Satellite communication has long been favored for its ability to provide wide coverage and high bandwidth connectivity across vast distances. This advantage has led to an overcrowded space environment. Governments, militaries, and corporations are launching more satellites into orbit, resulting in increased competition for radio frequency (RF) spectrum and potential interference issues. Moreover, the emergence of anti-satellite technologies and rapid evolution of satellite-targeted cyber threats have raised concerns about the reliability and security of traditional satellite communications systems.

Troposcatter communications is a technology that leverages the scattering of radio waves in the Earth’s troposphere – the lower portion of the atmosphere – to establish communications links over distances beyond the radio horizon or beyond the line of sight (BLOS). Today, modern Troposcatter technologies send signals towards the troposphere, where they interact with atmospheric particles and scatter in various directions. A receiver located within the scatter region can pick up the signal enabling robust, resilient, and secure communications between the transmitter and receiver.

Comtech’s next generation Troposcatter Family of Systems offer several advantages in contested satellite environments. Unlike traditional satellite signals that can be vulnerable to jamming or interference, Troposcatter signals are more resistant due to their reliance on atmospheric scattering. Attempts to jam a Troposcatter link would require jamming a significant portion of the Earth’s atmosphere, making such efforts impractical.

Troposcatter connections provide a smaller attack surface than broad area satellite beams, increasing the difficulty, cost, and complexity of launching a successful cyberattack. This inherent security advantage makes Troposcatter an attractive option for transmitting sensitive information.

Troposcatter technologies are designed with distributed architecture, enabling multiple relay stations to create a network that can adapt to changing conditions. This flexibility is particularly valuable in contested environments where fixed satellite infrastructure might be compromised.
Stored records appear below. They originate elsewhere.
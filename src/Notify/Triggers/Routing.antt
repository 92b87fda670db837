-- ===== src/Notify/Triggers/Routing.antt =====
-- Which rule wins, and what the dispatches of an alert are.
use transaction_monitoring_s.Prelude.{
  ◌≡◌, refl, inl, inr, String, Bool, true, false, Option, none, some, List, [], ◌∷◌, ◌++◌, arith,
  str_eq, eq_iff, ◌&&◌, any, if◌then◌else◌, All, Bool-cases, ◌||◌,
}
use transaction_monitoring_s.Notify.Triggers.{
  Rule, Config, Dispatch, mem, channel_enabled, rule_matches, match_from, match_rule, selection,
  selected_channels, route, route_all, resolve_dispatch, resolve_recipients, add_unseen, expand,
  has_target, members, Recipient, cons?, resolve_rule_recipients, resolve_webhook_url,
}

match_from-append :
    (o : Option Rule) (band cls : String) (xs ys : List Rule)
    → match_from o band cls (xs ++ ys) ≡ match_from (match_from o band cls xs) band cls ys
unfolding match_from
match_from-append o band cls [] ys = refl
match_from-append o band cls (x ∷ xs) ys =
    match_from-append (if rule_matches band cls x then some x else o) band cls xs ys

match_from-none :
    (o : Option Rule) (band cls : String) (rules : List Rule)
    → All (λ r. rule_matches band cls r ≡ false) rules
    → match_from o band cls rules ≡ o
unfolding match_from
match_from-none o band cls [] h = refl
match_from-none o band cls (r ∷ rules) h = rw h.0 (match_from-none o band cls rules h.1)

-- Of the rules that match, the last in file order is taken: the earlier ones have no effect, and
-- later ones that do not match have none either.
match_rule_last :
    (band cls : String) (earlier later : List Rule) (rule : Rule)
    → rule_matches band cls rule ≡ true
    → All (λ r. rule_matches band cls r ≡ false) later
    → match_rule (earlier ++ rule ∷ later) band cls ≡ some rule
unfolding match_rule
match_rule_last band cls earlier later rule hit miss =
    rw (match_from-append none band cls earlier (rule ∷ later))
      (unfold match_from in rw hit (match_from-none (some rule) band cls later miss))

-- No element twice.
abbrev pub Unique : List String → Type 0
Unique [] = Unit
Unique (x ∷ xs) = (mem x xs ≡ false) × Unique xs

mem-append : (x y : String) (xs : List String) → mem x (xs ++ y ∷ []) ≡ mem x xs || str_eq y x
mem-append x y [] = ground arith
mem-append x y (z ∷ xs) = ground (arith, mem-append x y xs)

Unique-append :
    (x : String) (xs : List String) → Unique xs → mem x xs ≡ false → Unique (xs ++ x ∷ [])
Unique-append x [] u h = (refl, tt)
Unique-append x (y ∷ ys) u h =
    ground (arith, Unique-append x ys u.1, mem-append y x ys, eq_iff x y, eq_iff y x)

add_unseen-Unique : (out ms : List String) → Unique out → Unique (add_unseen out ms)
unfolding add_unseen
add_unseen-Unique out [] u = u
add_unseen-Unique out (m ∷ ms) u = elim (Bool-cases (mem m out)) [
  | inl old ↦ rw old (add_unseen-Unique out ms u)
  | inr new ↦ rw new (add_unseen-Unique (out ++ m ∷ []) ms (Unique-append m out u new))
]

add_unseen-mem :
    (x : String) (out ms : List String) → mem x (add_unseen out ms) ≡ mem x out || mem x ms
unfolding add_unseen
add_unseen-mem x out [] = ground arith
add_unseen-mem x out (m ∷ ms) = elim (Bool-cases (mem m out)) [
  | inl old ↦ rw old (ground (arith, add_unseen-mem x out ms, eq_iff m x))
  | inr new ↦ rw new (ground (arith, add_unseen-mem x (out ++ m ∷ []) ms, mem-append x m out))
]

expand-Unique :
    (c : Config) (out : List String) (rs : List Recipient) → Unique out → Unique (expand c out rs)
unfolding expand
expand-Unique c out [] u = u
expand-Unique c out (r ∷ rs) u =
    expand-Unique c (add_unseen out (members c r)) rs (add_unseen-Unique out (members c r) u)

expand-mem :
    (c : Config) (x : String) (out : List String) (rs : List Recipient)
    → mem x (expand c out rs) ≡ mem x out || any (λ r. mem x (members c r)) rs
unfolding expand
expand-mem c x out [] = ground arith
expand-mem c x out (r ∷ rs) =
    ground
      (arith, expand-mem c x (add_unseen out (members c r)) rs, add_unseen-mem x out (members c r))

-- The resolved recipients are those of the entries, groups expanded, each once.
resolve_recipients_lem :
    (c : Config) (rs : List Recipient)
    → Unique (resolve_recipients c rs)
      × ((x : String) → mem x (resolve_recipients c rs) ≡ any (λ r. mem x (members c r)) rs)
unfolding resolve_recipients
resolve_recipients_lem c rs = (expand-Unique c [] rs tt, λ x. expand-mem c x [] rs)

-- A channel can deliver an alert: enabled, with recipients or a URL.
abbrev pub can_deliver : Config → Option Rule → String → Bool
can_deliver c rule name =
    channel_enabled c name
    && has_target (resolve_rule_recipients c name rule) (resolve_webhook_url c name rule)

abbrev pub dispatched : String → List Dispatch → Bool
dispatched name = any (λ d. str_eq d.channel name)

absorb : (a b : Bool) → (a || b && a) ≡ a
absorb true b = refl
absorb false true = refl
absorb false false = refl

cons?-dispatched :
    (c : Config) (rule : Option Rule) (name n : String) (ds : List Dispatch)
    → dispatched name (cons? (route c rule n) ds)
      ≡ (str_eq n name && can_deliver c rule n) || dispatched name ds
unfolding route
cons?-dispatched c rule name n ds = ground arith

route_all-dispatched :
    (c : Config) (rule : Option Rule) (name : String) (names : List String)
    → dispatched name (route_all c rule names) ≡ mem name names && can_deliver c rule name
unfolding route_all
route_all-dispatched c rule name [] = refl
route_all-dispatched c rule name (n ∷ names) =
    rw (cons?-dispatched, route_all-dispatched c rule name names)
      (elim (Bool-cases (str_eq n name)) [
        | inl same ↦
            rw (same, (eq_iff n name).0 same) (absorb (can_deliver c rule name) (mem name names))
        | inr other ↦ rw other
      ])

selection-rule :
    (c : Config) (band cls : String) → (selection c band cls).0 ≡ match_rule c.rules band cls
unfolding selection
selection-rule c band cls = ground arith

-- An alert goes to exactly the channels that the config selects for it and that can deliver; so no
-- dispatch at all means that none is selected, or that none of those selected can deliver.
pub resolve_dispatch-dispatched :
    (c : Config) (band cls name : String)
    → dispatched name (resolve_dispatch c band cls)
      ≡ mem name (selected_channels c band cls) && can_deliver c (match_rule c.rules band cls) name
unfolding resolve_dispatch selected_channels
resolve_dispatch-dispatched c band cls name = rw (
  route_all-dispatched c (selection c band cls).0 name (selection c band cls).1,
  selection-rule c band cls,
)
Modern Troposcatter systems offer lower latency compared to satellite communications, as the signal does not have to travel all the way to space and back. This can be crucial for real-time applications like video conferencing or remote-control critical systems.

As spectrum becomes a limited resource in contested environments, Troposcatter can make more efficient use of available frequency bands, potentially mitigating spectrum congestion.

Comtech’s next generation Troposcatter FoS allow military operators and other end users to deliver vital information hundreds of miles over the horizon, or beyond-line-of-sight (BLOS), by bouncing microwave radio signals off the upper layers of the troposphere. Comtech’s Troposcatter FoS are designed to continuously evolve over time and can be easily integrated with other communications systems and networks. Whether stationary or on the move, Comtech’s Troposcatter FoS can meet tactical and expeditionary communication needs.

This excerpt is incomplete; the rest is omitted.